It's a time thing... and he has to NOT want to be that person.

Prayers with you Hon!

S


----------



## esmerelda (Jun 11, 2002)

Hey Sussi-girl....how about we set up a rehab program????  We send all the darlin's to you .......and you can whip them into shape!!!!!  Lol....I think you'd be a great Drill Sergent at Boobie Camp........ermmmmmm recon you'd fit into the uniform?????  Actually part of the deal is that you ALMOST fit into the uniform!!!!  But you get to yell at all the men you like...and dish out unfair and nasty punishment as you see fit!!!!!


----------



## craig777 (Jun 12, 2002)

OK, I have a second so I want to post an update, and I also want to apologize to all for giving false info, but it is what I got. 

The psychologist told my stepson that he was disqualified because of the aderal.
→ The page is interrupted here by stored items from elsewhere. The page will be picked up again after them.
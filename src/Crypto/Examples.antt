-- ===== src/Crypto/Examples.antt =====
-- An example of sdk/pkg/crypto, over a cipher that leaves the text as it is.
use Prim.Native.Char.{code}
use text.Mathlib.TextLemmas.{cons-ne-nil}
use jxt_core.Base.{
  ℕ, zero, suc, ◌==◌, length, ◌+◌, pos, String, ◌≡◌, refl, ap, ◌∙◌, true, [], ◌∷◌, if◌then◌else◌,
  arith,
}
use jxt_core.Outbox.Event.{errorf}
use jxt_core.Outbox.Repository.{ok, err}
use jxt_core.Tenant.Provider.Models.{ServiceDatabaseConfig}
use jxt_core.Crypto.{
  Bytes, Library, IsLibrary, CryptoService, new_crypto_service, encrypt, decrypt_password,
  decrypt_password-encrypt,
}

-- A number as that many ones.
ones : ℕ → String → String
ones zero s = s
ones (suc n) s = String.◌∷◌ "1" (ones n s)

encode_text : Bytes → String
unfolding ones
encode_text [] = String.[]
encode_text (b ∷ bs) = ones b (String.◌∷◌ "," (encode_text bs))

one_more : Bytes → Bytes
one_more [] = []
one_more (b ∷ bs) = suc b ∷ bs

decode_text : String → Bytes
unfolding one_more
decode_text String.[] = []
decode_text (String.◌∷◌ c s) =
    let rest = decode_text s in if code c == 49 then one_more rest else 0 ∷ rest

decode_text-ones :
    (n m : ℕ) (s : String) (bs : Bytes)
    → decode_text s ≡ m ∷ bs
    → decode_text (ones n s) ≡ (n + m) ∷ bs
unfolding decode_text ones one_more
decode_text-ones zero m s bs h = h ∙ ap (λ k. k ∷ bs) (omega arith)
decode_text-ones (suc n) m s bs h =
    ap one_more (decode_text-ones n m s bs h) ∙ ap (λ k. k ∷ bs) (omega arith)

decode_text-encode_text : (bs : Bytes) → decode_text (encode_text bs) ≡ bs
unfolding decode_text encode_text
decode_text-encode_text [] = refl
decode_text-encode_text (b ∷ bs) =
    decode_text-ones b 0 (String.◌∷◌ "," (encode_text bs)) bs
      (ap (λ r. 0 ∷ r) (decode_text-encode_text bs))
    ∙ ap (λ k. k ∷ bs) (omega arith)

encode_text_full : (bs : Bytes) → encode_text bs ≡ "" → bs ≡ []
unfolding encode_text ones
encode_text_full [] h = refl
encode_text_full (zero ∷ bs) h = absurd (cons-ne-nil "," (encode_text bs) h)
encode_text_full ((suc b) ∷ bs) h =
    absurd (cons-ne-nil "1" (ones b (String.◌∷◌ "," (encode_text bs))) h)

open_library : Library
unfolding encode_text decode_text
open_library = record {
  Block = Unit;
  Gcm = Unit;
  new_cipher =
      λ key. if length key == 32 then ok tt else err (errorf ("crypto/aes: invalid key size" ∷ []));
  new_gcm = λ b. ok tt;
  nonce_size = λ g. 12;
  seal = λ g nonce plain. plain;
  open_sealed = λ g nonce sealed. ok sealed;
  encode = encode_text;
  decode = λ s. ok (decode_text s);
}

open_library-IsLibrary : IsLibrary open_library
unfolding open_library
open_library-IsLibrary = record {
  cipher_32 = λ key h. (tt, rw h refl);
  gcm_made = λ b. (tt, refl);
  nonce_size_12 = λ g. refl;
  open_sealed-seal = λ g nonce plain h. refl;
  decode-encode = λ b. ap ok (decode_text-encode_text b);
  encode_full = encode_text_full;
}

abbrev copies : ℕ → ℕ → Bytes
copies zero b = []
copies (suc n) b = b ∷ copies n b

abbrev stored_config : ServiceDatabaseConfig
stored_config = record {
  tenant_id = pos 7;
  service_code = "evidence";
  driver = "mysql";
  host = "db";
  port = pos 3306;
  database = "evidence";
  username = "app";
  password = "";
  ssl_mode = "";
  max_open_conns = pos 10;
  max_idle_conns = pos 5;
  password_encrypted = true;
}

decrypt_password-encrypt_example :
    (s : CryptoService) × (text : String) × (new_crypto_service (copies 32 7) ≡ ok s)
    × (encrypt open_library s (ok (copies 12 9)) (115 ∷ 51 ∷ []) ≡ ok text)
    × (decrypt_password open_library (record stored_config { password = text }) (copies 32 7)
        ≡ ok (115 ∷ 51 ∷ []))
decrypt_password-encrypt_example =
    decrypt_password-encrypt open_library open_library-IsLibrary (copies 32 7) (copies 12 9)
      (115 ∷ 51 ∷ []) stored_config refl refl refl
That was all he needed to hear to have a fit, both him and his dad. He told my wife and I that he had been disqualified and his military career was over before it started. 

Now the real story from the recruiter. I should have just called to start with.  

The psychologist examined my stepson to see if he could function in the Air Force, which he determined that he could, but due to the requirements he had to disqualify him, had no other choice. That part is true, but he was also going to write a recommendation for a waiver which he did write saying that he thought my stepson could be in the Air Force. Now the paper work to see if the waiver is accepted takes 7 days, so we will know if he is in next Monday. The recruiter said I told him all this and how it would happen. I told him it would take 7 days for the paper work to go through, and that they were trying for a waiver. Do teenage boys listen, NO.  

Sorry for the bad info.  

I am not working out today, I am tired. 

Oh, Essy the Boobie camp sounds great.


----------



## butterfly (Jun 12, 2002)

What is "aderal?"

Can I be a drill instructor with Sosunni???  I the boobie camp idea, too   Should we have requirements on who can be an instructor?  Maybe Craig could be the judge of who's boobies get in and who's don't... you wouldn't mind that task?  Would you 

hehehe


----------



## craig777 (Jun 12, 2002)

Aderal is one of the drugs they use on ADD/ADHD kids to calm them down. He took ritalin and it didn't seem to help any, probably because he isn't ADD/ADHD. After the ritalin didn't work, they tried Aderal, his grades didn't improve any but his ballistic behavior stopped somewhat.

Holy cow yes you can be a drill sargeant in the boobie camp with Essy and Sosunni.  

I went to boot camp for 9 weeks and instead of the drill sargeant getting right up in your face, in boobie camp do the drill sargeants put their boobies in your face.


----------



## Fade (Jun 12, 2002)

They should try Depekote of Trileptal. These are for people with anger and rage problems


----------



## craig777 (Jun 12, 2002)

Judging all you sexy ladies boobies, I think that I could make myself do it.  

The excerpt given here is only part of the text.